Plutonium oxide melt structure and covalency

SK Wilke and CJ Benmore and OLG Alderman and G Sivaraman and MD Ruehl and KL Hawthorne and A Tamalonis and DA Andersson and MA Williamson and R Weber, NATURE MATERIALS, 23 (2024).

DOI: 10.1038/s41563-024-01883-3

Advances in nuclear power reactors include the use of mixed oxide fuel, containing uranium and plutonium oxides.

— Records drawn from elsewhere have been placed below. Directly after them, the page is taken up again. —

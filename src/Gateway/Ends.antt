-- ===== src/Gateway/Ends.antt =====
-- A session comes to an end or waits, whatever a client sends.
use raft_distributed_consens.Gateway.Service.{read_loop_idle, read_loop_next}
use raft_distributed_consens.Gateway.{
  ClientProto, Status, reading, waiting, closed, Session, respond, read_request, read_loop,
}
use raft_distributed_consens.Network.{read_message, read_exactly}
use raft_distributed_consens.Requests.{process_client_request}
use raft_distributed_consens.Node.{Node}
use raft_distributed_consens.External.{External}
use raft_distributed_consens.Prelude.{
  ap, sym, ◌∙◌, ℕ, zero, suc, ◌+◌, ◌*◌, ◌^◌, ◌≤◌, ◌<◌, [], ◌∷◌, some, Bytes, List, length, ◌≡◌, ◌≢◌,
  ◌⊎◌, refl, arith, Option-cases, inl, inr,
}

Status-cases : (s : Status) → (s ≡ reading) ⊎ (s ≡ waiting) ⊎ (s ≡ closed)
Status-cases reading = inl refl
Status-cases waiting = inr (inl refl)
Status-cases closed = inr (inr refl)

read_exactly-shorter :
    (k : ℕ) (s body rest : Bytes) → read_exactly k s ≡ some (body, rest) → length rest ≤ length s
unfolding read_exactly
read_exactly-shorter zero s body rest h = ground arith
read_exactly-shorter (suc k) [] body rest h = ground arith
read_exactly-shorter (suc k) (c ∷ s) body rest h = elim (Option-cases (read_exactly k s)) [
  | inl ended ↦ ground (arith, ended)
  | inr ((b, r), found) ↦ ground (arith, found, read_exactly-shorter k s b r found)
]

-- A read takes the four bytes of the length at least.
read_message-shorter :
    (s body rest : Bytes) → read_message s ≡ some (body, rest) → length rest < length s
unfolding read_message
read_message-shorter (b3 ∷ b2 ∷ b1 ∷ b0 ∷ s) body rest h =
    let size : ℕ = b3 * 2 ^ 24 + b2 * 2 ^ 16 + b1 * 2 ^ 8 + b0 in
    ground (arith, read_exactly-shorter size s body rest)
read_message-shorter [] body rest h = cc
read_message-shorter (b3 ∷ []) body rest h = cc
read_message-shorter (b3 ∷ b2 ∷ []) body rest h = cc
read_message-shorter (b3 ∷ b2 ∷ b1 ∷ []) body rest h = cc

module _ {Db : Type 0} ⦃env : External Db⦄ where
  read_request-shorter :
      (proto : ClientProto) (callback : ℕ) (n : Node Db) (session : Session)
      → let session' = (read_request proto callback n session).1 in
        (session'.status ≢ reading) ⊎ (length session'.input < length session.input)
  unfolding respond read_request
  read_request-shorter proto callback n session = elim (Option-cases (read_message session.input)) [
    | inl ended ↦ rw (ended, read_request) (inl (λ h. cc))
    | inr ((body, rest), got) ↦
        let less = read_message-shorter session.input body rest got in
        elim (Option-cases (proto.parse_request body)) [
          | inl broken ↦ rw (got, broken, read_request) (inl (λ h. cc))
          | inr (req, known) ↦ elim (Option-cases (process_client_request n req callback).1) [
            | inl waits ↦ rw (got, known, waits, read_request) (inl (λ h. cc))
            | inr (resp, answered) ↦ rw (got, known, answered, read_request) (inr less)
          ]
        ]
  ]

  read_loop_idle_ends :
      (proto : ClientProto) (callback fuel : ℕ) (n : Node Db) (session : Session)
      → (session.status ≡ waiting) ⊎ (session.status ≡ closed)
      → (read_loop fuel proto callback n session).1.status ≢ reading
  read_loop_idle_ends proto callback fuel n session idle = λ e.
      let came : session.status ≡ reading =
        ap (λ (p : Node Db × Session). p.1.status)
          (sym (read_loop_idle fuel proto callback n session idle))
        ∙ e in
      ground (arith, came, idle)

  read_loop_ends :
      (proto : ClientProto) (callback fuel : ℕ) (n : Node Db) (input : Bytes) (started : List Bytes)
      (status : Status)
      → length input < fuel
      → (read_loop fuel proto callback n
          (record { input = input; started = started; status = status })).1.status
        ≢ reading
  read_loop_ends proto callback zero n input started status h = absurd (omega arith)
  read_loop_ends proto callback fuel n input started waiting h =
      read_loop_idle_ends proto callback fuel n _ (inl refl)
  read_loop_ends proto callback fuel n input started closed h =
      read_loop_idle_ends proto callback fuel n _ (inr refl)
  read_loop_ends proto callback (suc fuel) n input started reading h = λ e.
      let session : Session = record { input = input; started = started; status = reading } in
      let (n', rest) = read_request proto callback n session in
      let next = read_loop_next fuel proto callback n n' input started rest refl in
      let came = ap (λ (p : Node Db × Session). p.1.status) (sym next) ∙ e in
      elim (Status-cases rest.status) [
        | inl more ↦
            read_loop_ends proto callback fuel n' rest.input rest.started rest.status
              (ground (arith, h, more, read_request-shorter proto callback n session)) came
        | inr idle ↦ read_loop_idle_ends proto callback fuel n' rest idle came
      ]

  -- Whatever bytes a client sends, the session ends up waiting for a callback or closed after as many
  -- reads as there are bytes, and one.
  pub read_loop-ends :
      (proto : ClientProto) (callback : ℕ) (n : Node Db) (session : Session)
      → (read_loop (suc (length session.input)) proto callback n session).1.status ≢ reading
  read_loop-ends proto callback n session =
      read_loop_ends proto callback (suc (length session.input)) n session.input session.started
        session.status (omega arith)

The high-temperature behaviour and structure of PuO2-x above 1,800 K remain largely unexplored, and these conditions must be considered for reactor design and planning for the mitigation of severe accidents. Here, we measure the atomic structure of PuO2-x through the melting transition up to 3,000 +/- 50 K using X-ray scattering of aerodynamically levitated and laser-beam- heated samples, with O/Pu ranging from 1.57 to 1.76. Liquid structural models consistent with the X-ray data are developed using machine- learned interatomic potentials and density functional theory. Molten PuO1.76 contains some degree of covalent Pu-O bonding, signalled by the degeneracy of Pu 5f and O 2p orbitals. The liquid is isomorphous with molten CeO1.75, demonstrating the latter as a non-radioactive, non- toxic, structural surrogate when differences in the oxidation potentials of Pu and Ce are accounted for. These characterizations provide essential constraints for modelling pertinent to reactor safety design. The molten structure of plutonium oxide-a component of mixed oxide nuclear fuels-is measured, showing some degree of covalent bonding. Its atomic structure is similar to that of cerium oxide, which could be a non-radioactive structural surrogate.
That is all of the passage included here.